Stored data
┌──
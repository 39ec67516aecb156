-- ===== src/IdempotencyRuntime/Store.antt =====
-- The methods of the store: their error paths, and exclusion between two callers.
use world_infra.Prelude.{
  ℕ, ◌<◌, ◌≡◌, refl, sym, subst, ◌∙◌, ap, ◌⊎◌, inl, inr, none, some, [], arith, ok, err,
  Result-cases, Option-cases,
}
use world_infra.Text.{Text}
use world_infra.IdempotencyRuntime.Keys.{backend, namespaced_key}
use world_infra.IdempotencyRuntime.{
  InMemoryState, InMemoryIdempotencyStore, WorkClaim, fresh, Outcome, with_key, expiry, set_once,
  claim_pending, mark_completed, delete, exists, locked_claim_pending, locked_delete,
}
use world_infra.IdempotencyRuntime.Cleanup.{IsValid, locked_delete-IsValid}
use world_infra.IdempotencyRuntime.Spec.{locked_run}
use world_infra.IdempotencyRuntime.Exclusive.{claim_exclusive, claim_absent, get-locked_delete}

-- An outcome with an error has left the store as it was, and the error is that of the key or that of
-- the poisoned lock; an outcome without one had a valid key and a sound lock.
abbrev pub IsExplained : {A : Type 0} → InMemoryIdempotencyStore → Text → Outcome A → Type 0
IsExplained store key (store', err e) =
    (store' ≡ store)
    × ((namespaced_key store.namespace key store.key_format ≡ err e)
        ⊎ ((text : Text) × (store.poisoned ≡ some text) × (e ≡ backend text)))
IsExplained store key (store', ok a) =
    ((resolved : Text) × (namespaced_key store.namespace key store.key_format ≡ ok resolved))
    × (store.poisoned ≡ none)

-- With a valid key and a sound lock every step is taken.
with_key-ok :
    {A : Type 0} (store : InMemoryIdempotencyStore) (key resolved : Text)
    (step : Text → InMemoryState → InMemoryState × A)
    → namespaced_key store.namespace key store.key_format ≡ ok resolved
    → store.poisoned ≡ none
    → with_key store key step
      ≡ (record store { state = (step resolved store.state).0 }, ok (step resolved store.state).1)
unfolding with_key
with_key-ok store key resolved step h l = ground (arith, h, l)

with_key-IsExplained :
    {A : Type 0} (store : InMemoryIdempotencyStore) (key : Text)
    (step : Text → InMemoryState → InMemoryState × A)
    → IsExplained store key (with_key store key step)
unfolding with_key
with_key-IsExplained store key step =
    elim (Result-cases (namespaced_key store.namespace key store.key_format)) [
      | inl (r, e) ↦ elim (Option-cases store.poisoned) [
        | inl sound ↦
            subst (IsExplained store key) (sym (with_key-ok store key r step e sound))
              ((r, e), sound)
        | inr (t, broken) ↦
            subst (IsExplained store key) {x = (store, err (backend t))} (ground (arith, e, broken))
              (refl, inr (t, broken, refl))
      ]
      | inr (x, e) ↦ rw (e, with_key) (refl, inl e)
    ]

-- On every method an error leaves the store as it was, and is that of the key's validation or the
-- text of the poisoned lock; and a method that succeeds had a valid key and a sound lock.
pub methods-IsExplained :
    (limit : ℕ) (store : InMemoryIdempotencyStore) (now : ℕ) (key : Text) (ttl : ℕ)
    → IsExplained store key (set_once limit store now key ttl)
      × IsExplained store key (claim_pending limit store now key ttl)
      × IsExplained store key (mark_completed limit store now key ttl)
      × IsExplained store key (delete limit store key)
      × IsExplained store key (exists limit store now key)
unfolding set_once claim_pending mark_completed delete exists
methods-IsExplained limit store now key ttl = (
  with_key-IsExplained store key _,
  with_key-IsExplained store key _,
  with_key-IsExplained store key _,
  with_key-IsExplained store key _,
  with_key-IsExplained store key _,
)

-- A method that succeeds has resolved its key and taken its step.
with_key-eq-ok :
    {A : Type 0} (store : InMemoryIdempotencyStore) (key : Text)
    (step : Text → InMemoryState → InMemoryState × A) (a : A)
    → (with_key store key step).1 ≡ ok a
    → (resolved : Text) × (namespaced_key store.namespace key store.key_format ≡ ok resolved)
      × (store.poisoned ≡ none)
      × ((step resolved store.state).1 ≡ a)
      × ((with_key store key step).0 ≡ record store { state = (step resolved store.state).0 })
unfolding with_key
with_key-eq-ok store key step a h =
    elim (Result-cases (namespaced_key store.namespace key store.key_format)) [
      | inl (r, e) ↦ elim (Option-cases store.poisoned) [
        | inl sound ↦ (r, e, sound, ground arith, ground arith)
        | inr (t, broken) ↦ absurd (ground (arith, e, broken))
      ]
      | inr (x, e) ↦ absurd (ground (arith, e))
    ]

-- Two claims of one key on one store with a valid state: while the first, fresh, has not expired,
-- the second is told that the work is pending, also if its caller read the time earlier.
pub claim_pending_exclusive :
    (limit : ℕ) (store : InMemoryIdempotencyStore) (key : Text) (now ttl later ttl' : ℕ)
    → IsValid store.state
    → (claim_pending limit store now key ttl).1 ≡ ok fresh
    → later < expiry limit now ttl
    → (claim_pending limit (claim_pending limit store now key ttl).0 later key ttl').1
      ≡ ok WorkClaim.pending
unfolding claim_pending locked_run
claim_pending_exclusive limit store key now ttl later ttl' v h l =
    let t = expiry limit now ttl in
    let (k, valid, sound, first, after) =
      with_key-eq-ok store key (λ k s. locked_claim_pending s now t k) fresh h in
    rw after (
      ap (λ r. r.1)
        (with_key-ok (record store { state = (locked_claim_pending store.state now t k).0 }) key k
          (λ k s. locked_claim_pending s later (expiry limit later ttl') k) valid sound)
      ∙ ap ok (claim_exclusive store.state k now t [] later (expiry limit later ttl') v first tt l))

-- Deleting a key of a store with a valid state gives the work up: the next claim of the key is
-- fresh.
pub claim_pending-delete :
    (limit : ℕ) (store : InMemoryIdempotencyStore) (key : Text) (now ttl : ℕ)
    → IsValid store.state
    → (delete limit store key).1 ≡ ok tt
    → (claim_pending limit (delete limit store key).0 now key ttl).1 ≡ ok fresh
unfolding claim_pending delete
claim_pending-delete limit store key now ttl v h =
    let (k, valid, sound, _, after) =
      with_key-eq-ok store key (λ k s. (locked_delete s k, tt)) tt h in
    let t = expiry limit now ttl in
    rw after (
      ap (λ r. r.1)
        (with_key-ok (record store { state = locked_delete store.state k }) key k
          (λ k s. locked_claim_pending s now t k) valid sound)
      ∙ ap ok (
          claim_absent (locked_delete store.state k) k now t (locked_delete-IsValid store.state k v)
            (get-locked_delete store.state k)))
└──
- [EXERCISE AIM]: Go line by line through the data, copying each one that contains the word "none".

- [ANSWER TO THIS TASK]:
  ℕ, ◌<◌, ◌≡◌, refl, sym, subst, ◌∙◌, ap, ◌⊎◌, inl, inr, none, some, [], arith, ok, err,
    × (store.poisoned ≡ none)
    → store.poisoned ≡ none
      × (store.poisoned ≡ none)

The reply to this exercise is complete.